GKE Node.JS app: Error during WebSocket handshake

10/28/2020

I am quite new to Google Kubernetes Engine, and just Kubernetes in general. I've created a "production-ish" Kubernetes cluster running my old Node.js app that's using socket.io. To help myself to do that I used Google's "Deploying a containerized web application" how-to after which I've set up a Load Balancer with an Ingress which would use a Managed Certificate by somewhat following another guide which is Using Google-managed SSL certificates (the Setting up the managed certificate part). This left me with a cluster using 1 pool with three instance groups, each using 1-2 nodes.

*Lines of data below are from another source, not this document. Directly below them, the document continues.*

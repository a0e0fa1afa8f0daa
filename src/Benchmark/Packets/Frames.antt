-- ===== src/Benchmark/Packets/Frames.antt =====
-- The frames that a track is cut into.
use media_api.Base.{
  ℕ, zero, suc, ◌*◌, ◌-◌, ◌≤◌, ◌<◌, ◌≡◌, ◌↔◌, ◌≢◌, ◌⊎◌, ◌/◌, refl, ap, ◌∙◌, List, [], ◌∷◌, ◌++◌,
  Bytes, Result, ok, err, take, drop, length, length-append, length-drop, length-take,
  length-replicate, replicate, ltb, All, arith, Bool-cases, inl, inr,
}
use media_api.Base.Integers.{ℤ, pos}
use media_api.Benchmark.Packets.{
  Opus, Failure, panicked, chunks, padded, on_encoded, encode_chunks, encode_with, frame_size,
}

no_samples :
    (channels sample_rate : ℕ)
    → (frame_size sample_rate * channels ≡ 0) ↔ ((channels ≡ 0) ⊎ (sample_rate < 1000))
no_samples zero sample_rate = (λ _. inl refl, λ _. omega arith)
no_samples (suc channels) sample_rate =
    let positive : 0 < sample_rate / 1000 → 0 < sample_rate / 1000 * 20 * suc channels =
      λ h. product (sample_rate / 1000) h in
    elim (Bool-cases (ltb sample_rate 1000)) [
      | inl few ↦
          let none : sample_rate / 1000 ≡ 0 = ground arith in
          (λ _. inr (ground arith), λ _. rw none (omega arith))
      | inr many ↦
          let some : 0 < sample_rate / 1000 = ground arith in
          let nonzero = positive some in
          (λ e. absurd (omega (arith, e, nonzero)), λ h. absurd (ground arith))
    ]
  where
    product : (k : ℕ) → 0 < k → 0 < k * 20 * suc channels
    product k h = grind arith

module _ (o : Opus) where
  take-drop : (n : ℕ) (xs : List ℤ) → take n xs ++ drop n xs ≡ xs
  take-drop zero xs = refl
  take-drop (suc n) [] = refl
  take-drop (suc n) (x ∷ xs) = ap (λ t. x ∷ t) (take-drop n xs)

  abbrev pub concat : List (List ℤ) → List ℤ
  concat [] = []
  concat (c ∷ cs) = c ++ concat cs

  abbrev pub IsWhole : ℕ → List ℤ → Type 0
  IsWhole n c = (0 < length c) × (length c ≤ n) × (length (padded o n c) ≡ n)

  first-IsWhole : (n : ℕ) (x : ℤ) (xs : List ℤ) → 0 < n → IsWhole n (take n (x ∷ xs))
  first-IsWhole n x xs nonzero =
      let c = take n (x ∷ xs) in
      let short : (0 < length c) × (length c ≤ n) = ground (arith, length-take {0} n (x ∷ xs)) in
      (
        short.0,
        short.1,
        omega (
          arith,
          length-append {0} c (replicate (n - length c) (pos 0)),
          length-replicate {0} (n - length c) (pos 0),
        ),
      )

  -- For a positive frame size, the chunks of a track put together are the track; each holds at least
  -- one sample and at most the frame size, and is padded to exactly that size.
  pub chunks_cover :
      (f n : ℕ) (pcm : List ℤ)
      → 0 < n
      → length pcm < f
      → (concat (chunks o f n pcm) ≡ pcm) × All (IsWhole n) (chunks o f n pcm)
  unfolding chunks
  chunks_cover zero n pcm nonzero h = absurd (omega arith)
  chunks_cover (suc f) n [] nonzero h = (refl, tt)
  chunks_cover (suc f) n (x ∷ xs) nonzero h =
      let (whole, each) =
        chunks_cover f n (drop n (x ∷ xs)) nonzero (omega (arith, length-drop {0} n (x ∷ xs))) in
      (
        ap (λ t. take n (x ∷ xs) ++ t) whole ∙ take-drop n (x ∷ xs),
        (first-IsWhole n x xs nonzero, each),
      )

  on_encoded-quiet :
      (message : Bytes → Bytes) (next : o.Encoder → Bytes → Result Bytes Failure) (packets : Bytes)
      (r : Result (Bytes × o.Encoder) Bytes)
      → ((e : o.Encoder) (packets : Bytes) → next e packets ≢ err panicked)
      → on_encoded o message next packets r ≢ err panicked
  unfolding on_encoded
  on_encoded-quiet message next packets (err x) k = λ h. cc
  on_encoded-quiet message next packets (ok ([], e)) k = k e packets
  on_encoded-quiet message next packets (ok (b ∷ bs, e)) k = k e _

  encode_chunks-quiet :
      (message : Bytes → Bytes) (n : ℕ) (cs : List (List ℤ)) (e : o.Encoder) (packets : Bytes)
      → encode_chunks o message n cs e packets ≢ err panicked
  unfolding encode_chunks
  encode_chunks-quiet message n [] e packets = λ h. cc
  encode_chunks-quiet message n (c ∷ cs) e packets =
      on_encoded-quiet message _ packets (o.encode e (padded o n c))
        (encode_chunks-quiet message n cs)

  -- With an encoder that is set up, encoding panics exactly when a frame has no samples: with no
  -- channels, or a sample rate below 1000, for which the benchmark computes a frame size of 0.
  pub encode_with_panics_iff :
      (message : Bytes → Bytes) (e : o.Encoder) (channels sample_rate : ℕ) (pcm : List ℤ)
      → (encode_with o message e channels (frame_size sample_rate) pcm ≡ err panicked)
        ↔ ((channels ≡ 0) ⊎ (sample_rate < 1000))
  unfolding encode_with
  encode_with_panics_iff message e channels sample_rate pcm =
      let n = frame_size sample_rate * channels in
      let loop = encode_chunks-quiet message n (chunks o (suc (length pcm)) n pcm) e [] in
      ground (arith, no_samples channels sample_rate, loop)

The backend was up and the frontends were able to connect to it correctly. The problem is with WebSockets and frontend getting an error WebSocket connection to 'wss://mycooldomain.com/socket.io/?EIO=3&transport=websocket&sid=afskjaisfhf-afasfoiaofis' failed: Error during WebSocket handshake: Unexpected response code: 400, which I've been trying to figure out all day.

The latter of the two guides I've been using mentions creating a Node Port and a Managed Certificate and then an Ingress which would link the two together. I have decided to create an Ingress with a different backend config for the load balancer in order to fix the problem:

apiVersion: cloud.google.com/v1beta1
kind: BackendConfig
metadata:
  name: my-cool-backendconfig
  namespace: my-cool-namespace
spec:
  timeoutSec: 60
  connectionDraining:
    drainingTimeoutSec: 30
  sessionAffinity:
    affinityType: "CLIENT_IP"

The reason for creating this is to try different values for timeouts in order to keep the WebSocket connection. I've also tried such values as timeoutSec: 20000 or drainingTimeoutSec: 3000. sessionAffinity part also came from many StackOverflow threads and GitHub issues.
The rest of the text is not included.